I totally love the Olympics.  Whether it is summer or winter, I am glued to the TV as much as possible to witness the competition between nations.  However, this year’s Olympics got me thinking a bit about London, and what is perhaps the most lasting impression London made on me 15 years ago.

Back in the fall of 1997, I participated in a semester of study at Oak Hill College in London.  A few things about this:  First, I was 19 at the time, and Oak Hill was basically a graduate school/seminary for the Anglican church.  (I didn’t know that when I signed up)  So when I got there, I was the youngest kid at a school populated with students who had graduated from Oxford and Cambridge, and I was TOTALLY in over my head.

Second, I scheduled all my classes that semester on Monday with one seminar course on Tuesday…which I often skipped.  So it was week after week of glorious six day weekends, which I used to explore London, the British Isles, and Continental Europe as well.  Good times.

Third, the drinking age in Great Britain is 18, and I was a dumb, young kid away from home for the first time.  I took ample advantage of that.  Good times!  (Except with hard cider…A lasting life lesson I learned in England was STAY AWAY FROM HARD CIDER!)

Fourth, I was exposed to a whole new world of food in London, and most of all my favorite ethnic cuisine, Indian Food.

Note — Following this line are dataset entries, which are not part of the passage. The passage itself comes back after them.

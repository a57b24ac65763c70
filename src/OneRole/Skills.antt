-- ===== src/OneRole/Skills.antt =====
-- The skills of a fighter as a set of ids.
use txgg.Base.{
  ℕ, ◌≤◌, ◌<◌, ◌≡◌, ◌≢◌, ◌⊎◌, inl, inr, refl, ap, ◌∙◌, Bool, true, false, ◌||◌, Option, none, some,
  arith, length, leb, leb→le, get_elem?, Bool-cases, ◌>>=◌, ◌==◌, if◌then◌else◌, Code, ok, err,
}
use txgg.SortArray.{Array, live, comp_uint}
use txgg.SortArray.Order.{KeyOrder, comp_uint_lem, get_elem?-key_at}
use txgg.SortArray.Search.{Locates, array_bsearch-Locates}
use txgg.SortArray.Table.{
  Splits-lookup, lookup, lookup-put, lookup-erase, put-IsSorted, erase-IsSorted,
}
use txgg.SortArray.Update.{IsValid, Inserts, Deletes, array_insert-Inserts, array_delete-Deletes}
use txgg.OneRole.{
  OneRole, max_skill_per_role, skill_result, add_one_role_skill, delete_one_role_skill,
  search_one_role_skill,
}

abbrev pub skills : KeyOrder ℕ
skills = record { compar = comp_uint; key = λ n. n; compar_lem = comp_uint_lem }

pub record HasSkills (r : OneRole) : Type 0 where
  pub sorted : IsValid {A = ℕ} (λ n. n) r.skill
  pub size : length r.skill.mem ≡ max_skill_per_role

abbrev is_some : Option ℕ → Bool
is_some none = false
is_some (some n) = true

-- The fighter has learnt the skill.
pub knows : ℕ → OneRole → Bool
knows id r = is_some (lookup (λ n. n) id (live r.skill))

-- What add_one_role_skill and delete_one_role_skill do, on each way out.
abbrev pub Learns : OneRole → ℕ → Option (Code × OneRole) → Type 0
Learns r id none = ⊥
Learns r id (some (ok n, r')) =
    (n ≡ 0) × (knows id r ≡ false) × ((k : ℕ) → knows k r' ≡ (id == k || knows k r)) × HasSkills r'
Learns r id (some (err n, r')) =
    (r' ≡ r) × (((n ≡ 1) × (max_skill_per_role ≤ r.skill.nmemb)) ⊎ ((n ≡ 10) × (knows id r ≡ true)))

abbrev pub Forgets : OneRole → ℕ → Option (Code × OneRole) → Type 0
Forgets r id none = ⊥
Forgets r id (some (ok n, r')) =
    (n ≡ 0)
    × (knows id r ≡ true)
    × ((k : ℕ) → knows k r' ≡ (if id == k then false else knows k r))
    × HasSkills r'
Forgets r id (some (err n, r')) = (n ≡ 10) × (knows id r ≡ false) × (r' ≡ r)

≢none : (o : Option ℕ) → o ≢ none → is_some o ≡ true
≢none none h = absurd (h refl)
≢none (some n) h = refl

module _ (r : OneRole) (id : ℕ) (v : HasSkills r) where
  learnt :
      (a : Option (Code × Array ℕ))
      → r.skill.nmemb < max_skill_per_role
      → Inserts skills id r.skill a
      → Learns r id (a >>= λ x. some (skill_result r x))
  unfolding knows
  learnt none room i = i
  learnt (some (ok n, arr)) room (free, e, _, count, len) = (
    refl,
    ap is_some free,
    λ k. rw e (ap is_some (lookup-put (λ n. n) id k (live r.skill) free) ∙ joined (id == k) k),
    record {
      sorted = record {
        sorted = rw e (put-IsSorted (λ n. n) id (live r.skill) v.sorted.sorted);
        fits = omega (arith, v.size);
      };
      size = len ∙ v.size;
    },
  )
    where
      joined :
          (b : Bool) (k : ℕ)
          → is_some (if b then some id else lookup (λ n. n) k (live r.skill))
            ≡ (b || is_some (lookup (λ n. n) k (live r.skill)))
      joined true k = refl
      joined false k = refl
  learnt (some (err n, arr)) room (taken, z, same) =
      (ap (λ a. record r { skill = a }) same, inr (refl, ≢none _ taken))

  -- add_one_role_skill on a fighter with sorted skills: a skill that is new joins the others, and
  -- none other changes; it returns -1 for a full table of 128 and -10 for a skill that is there,
  -- and then changes nothing.
  pub add_one_role_skill-Learns : Learns r id (add_one_role_skill r id)
  unfolding add_one_role_skill
  add_one_role_skill-Learns = elim (Bool-cases (leb max_skill_per_role r.skill.nmemb)) [
    | inl e ↦ rw e (refl, inl (refl, leb→le _ _ e))
    | inr e ↦ rw e (
        learnt _ (full e)
          (array_insert-Inserts skills id r.skill v.sorted (omega (arith, full e, v.size))))
  ]
    where
      full : leb max_skill_per_role r.skill.nmemb ≡ false → r.skill.nmemb < max_skill_per_role
      full e = ground (arith, e)

  forgotten :
      (a : Option (Code × Array ℕ))
      → Deletes skills id r.skill a
      → Forgets r id (a >>= λ x. some (skill_result r x))
  unfolding knows
  forgotten none d = d
  forgotten (some (ok n, arr)) (found, z, e, count, len) = (
    refl,
    ≢none _ found,
    λ k.
        rw e (
          ap is_some (lookup-erase (λ n. n) id k (live r.skill) v.sorted.sorted)
          ∙ left (id == k) k),
    record {
      sorted = record {
        sorted = rw e (erase-IsSorted (λ n. n) id (live r.skill) v.sorted.sorted);
        fits = omega (arith, v.sorted.fits);
      };
      size = len ∙ v.size;
    },
  )
    where
      left :
          (b : Bool) (k : ℕ)
          → is_some (if b then none else lookup (λ n. n) k (live r.skill))
            ≡ (if b then false else is_some (lookup (λ n. n) k (live r.skill)))
      left true k = refl
      left false k = refl
  forgotten (some (err n, arr)) (gone, z, same) =
      (refl, ap is_some gone, ap (λ a. record r { skill = a }) same)

  -- delete_one_role_skill: the skill is gone and no other changes; -10 and no change without it.
  pub delete_one_role_skill-Forgets : Forgets r id (delete_one_role_skill r id)
  unfolding delete_one_role_skill
  delete_one_role_skill-Forgets = forgotten _ (array_delete-Deletes skills id r.skill v.sorted)

-- What search_one_role_skill gives.
abbrev pub Finds : OneRole → ℕ → Option Code → Type 0
Finds r id none = ⊥
Finds r id (some (ok i)) = get_elem? (live r.skill) i ≡ some id
Finds r id (some (err n)) = (n ≡ 1) × (knows id r ≡ false)

module _ (r : OneRole) (id : ℕ) where
  found :
      (a : Option (Bool × ℕ))
      → Locates (λ n. n) (live r.skill) id a
      → Finds r id (a >>= λ (find, index). some (if find then ok index else err 1))
  unfolding knows
  found none l = l
  found (some (true, i)) l =
      let (x, e, same) = get_elem?-key_at (λ n. n) (live r.skill) i l.inside in
      e ∙ ap some (same ∙ l.equal)
  found (some (false, i)) l = (refl, ap is_some (Splits-lookup (λ n. n) id (live r.skill) i l))

  -- search_one_role_skill on a fighter with sorted skills gives the index of a skill that is there,
  -- and -1 for any other.
  pub search_one_role_skill-Finds : HasSkills r → Finds r id (search_one_role_skill r id)
  unfolding search_one_role_skill
  search_one_role_skill-Finds v =
      found _ (array_bsearch-Locates skills id r.skill v.sorted.sorted v.sorted.fits)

My first visit to an Indian Restaurant was in the East London, probably somewhere close to where the Olympic Village is today.  One of the wealthier British students convinced a large group of us Americans to try some great Indian food, and in his words, “The best food is in the doggiest neighborhoods.”  By the way, I promise I will refrain from using any other British adjectives in my colour commentary.

Anyway, East London WAS a rough area.  Somewhat unsafe at night, but as we went into this hole-in-the-wall restaurant that October, I was awakened to a world of new smells, flavors, colors, and textures in my food.  I still remember having onion bhaji, various lamb and vegetarian curries, all served with delicate basmanti rice and various naan breads.  While many of the other Americans who were there that night were not impressed (one Nebraskan refused to eat anything hot), I was in LOVE!

For the next two months, I went out for Indian whenever I could.  Dinners were served family style at Oak Hill, and for me, they often didn’t hold too much promise.  Why you ask?  Because of mad cows and my unfortunate allergy…poultry.

I am allergic to poultry.  I can’t eat bird.  So if you are looking for clever chicken recipes or my feelings about foie gras (or that hornet’s nest of controversy Chick-fil-A) you’ve come to the wrong place.

Anyway, this was during the Mad Cow disease scare and NO ONE was eating beef.  No one would dare do it, for you risked looking like one of those crazy cows trying to walk down a ramp with it’s legs going every direction.  No one wants to see that.  So, every night the entire school would gather together for a meal of…chicken.  This meant every night I was relegated to the vegetarian table.  Not just any vegetarian table, an ENGLISH vegetarian table.

With that said, I ate a lot of Indian food during my time in London.  I explored the savory sauces, the mellow heat of it’s many dishes as I familiarized myself with madras, vindaloo, kormas, and chutneys.

When I came back to St. Louis back in 1997, I was sad to see my subcontinental cravings go unfulfilled.  However, times have certainly changed!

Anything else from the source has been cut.